Apre la serata una scintillante esecuzione della Sinfonia classica di Sergej Prokof’ev, vero miracolo di equilibrio malgrado sia il frutto di tempi scossi dal crollo di equilibri politici e sociali nel bagno di sangue della Prima guerra mondiale e nei massacri della rivoluzione bolscevica nella natia Russia. Il modello è l’Haydn delle Sinfonie ma resta solo come idea e come forma dichiarata, stravolta tuttavia nei complessi ritmi sovrapposti e nei bruschi cambi di tonalità. Pur senza sacrificare il fresco vitalismo che anima la composizione di Prokof’ev, nella lettura di Pappano sembra di cogliere un lieve filo di malinconia soprattutto nelle pagine meno movimentate come nel Larghetto del secondo movimento e ancora di più nella Gavotta del terzo, cesellata come un prezioso gioiello Biedermeier.
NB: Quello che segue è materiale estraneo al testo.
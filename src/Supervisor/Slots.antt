-- ===== src/Supervisor/Slots.antt =====
-- find_mem, alloc_mem and load_agent of supervisor.c: the sixteen slots in memory.
pub mod Unique
pub mod Load
use phronesis.Base.{
  ℕ, suc, Bool, true, false, ◌&&◌, not, Option, none, some, List, [], ◌∷◌, if◌then◌else◌,
}
use phronesis.Base.Int.{negsuc}
use phronesis.Base.CString.{Bytes, strcmp_eq}
use phronesis.Policy.Types.{Rc, ok, err_state}
use phronesis.World.{World, Os}
use phronesis.Supervisor.Types.{Slot, zero_slot, Supervisor, slot_at, put_slot}
use phronesis.Supervisor.SlotFile.{read_slot_file}

abbrev next_index : Option ℕ → Option ℕ
next_index none = none
next_index (some i) = some (suc i)

-- The first slot in use with the id.
unfoldable pub find_slot : List Slot → Bytes → Option ℕ
find_slot [] id = none
find_slot (a ∷ r) id = if a.in_use && strcmp_eq a.id id then some 0 else next_index (find_slot r id)

abbrev pub find_mem : Supervisor → Bytes → Option ℕ
find_mem s id = find_slot s.agents id

-- The first slot that is not in use.
unfoldable pub free_slot : List Slot → Option ℕ
free_slot [] = none
free_slot (a ∷ r) = if not a.in_use then some 0 else next_index (free_slot r)

-- A fresh slot: memset, in_use = 1, exit_status = -1.
abbrev pub fresh_slot : Slot
fresh_slot = record zero_slot { in_use = true; exit_status = negsuc 0 }

unfoldable pub alloc_mem : Supervisor → Option (ℕ × Supervisor)
alloc_mem s = elim (free_slot s.agents) [ none ↦ none | some i ↦ some (i, put_slot s i fresh_slot) ]

-- The slot of an agent, as a position in the table, or the error.
pub data Loaded : Type 0 where
  loaded : ℕ → Loaded
  not_loaded : Rc → Loaded

-- *a = disk, in a slot that alloc_mem has found
unfoldable pub place_slot : Supervisor → Slot → Loaded × Supervisor
unfolding alloc_mem
place_slot s disk = elim (alloc_mem s) [
  | none ↦ (not_loaded err_state, s)
  | some (i, s') ↦ (loaded i, put_slot s' i disk)
]

unfoldable pub load_disk : Supervisor → Rc → Slot → Loaded × Supervisor
unfolding place_slot
load_disk s ok disk = place_slot s disk
load_disk s rc disk = (not_loaded rc, s)

unfoldable pub load_agent : Os → Supervisor → Bytes → World → Loaded × Supervisor × World
unfolding load_disk find_slot
load_agent os s id w = elim (find_mem s id) [
  | some i ↦ (loaded i, s, w)
  | none ↦
      let (r, w') = read_slot_file os s id w in let (l, s') = load_disk s r.0 r.1 in (l, s', w')
]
Orchestra dell'Accademia di Santa Cecilia (foto Salar Baygan)
Antonio Pappano, Seong-Jin Cho, Orchestra dell'Accademia di Santa Cecilia (foto Salar Baygan)

Pezzo forte della serata è il Concerto per pianoforte e orchestra in sol maggiore di Maurice Ravel, “divertissement” che affonda le radici della propria ispirazione nel classicismo viennese tutto eleganza e bellezza classica di Wolfgang Amadeus Mozart ma rivitalizzata dai frenetici ritmi della nuova musica del primo quarto del XX secolo. Nel concerto di Francoforte vedeva la presenza come solista di Seong-Jin Cho al posto di Víkingur Ólafsson presente nelle altre date della tournée. Balzato all’attenzione internazionale nel 2015 dopo la vittoria al Concorso Chopin di Varsavia, il giovane pianista coreano impressiona per il ferreo controllo della tecnica pianistica e la straordinaria varietà cromatica che esibisce nel folgorante “Allegramente” che apre il concerto e nel trascinante “Presto” del movimento finale. Convince meno, invece, nell’“Adagio assai” del movimento centrale, nel quale la tecnica lascia spazio a una calma siderale ispirata al Quintetto per clarinetto di Mozart faticosamente cercata dal compositore, mancando della sublime profondità conquistata a fatica dall’autore, come scrisse nel suo diario: “... questa melodia fluente! Come ho lottato per ottenerlo, battuta dopo battuta! Mi ha quasi ucciso”. Se qui Pappano fa un passo indietro e lascia il pianista solo (o quasi) a guidare le danze, va comunque sottolineata la sua cura nel far risaltare lo straordinario colorismo orchestrale che la sapienza compositiva di Ravel riesce sempre a regalare. Esecuzione premiata da calorosi applausi al solista che ricambia con l’aria e variazioni “The Harmonious Blacksmith” dalla Suite n. 5 in mi maggiore di Georg Friedrich Händel, che conferma, se vi fossero ancora dei dubbi, la sua solidissima tecnica pianistica.

Come la Sinfonia classica di Prokof’ev, anche la Sinfonia n. 5 di Jean Sibelius nasce negli anni della Grande Guerra (la prima versione viene presentata nel 1915) ma l’atteggiamento del compositore è piuttosto quello di fuggire dagli orrori del tempo per trovare rifugio e sollievo nella natura. Il risultato è tuttavia tutt’altro che contemplazione estatica in questa sinfonia costruita su forze dinamiche interne in continuo movimento che pulsano della vita e delle forme che animano la natura. Del Sibelius di Pappano colpisce soprattutto il colore declinato in autentica poesia del suono. Il successo è pieno e senza riserve e l’orchestra con il suo direttore si congeda con un toccante fuori programma dalle Variazioni di Elgar, la Nimrod.

La tournée dell’addio prosegue a Essen, Amburgo, Lussemburgo e Parigi.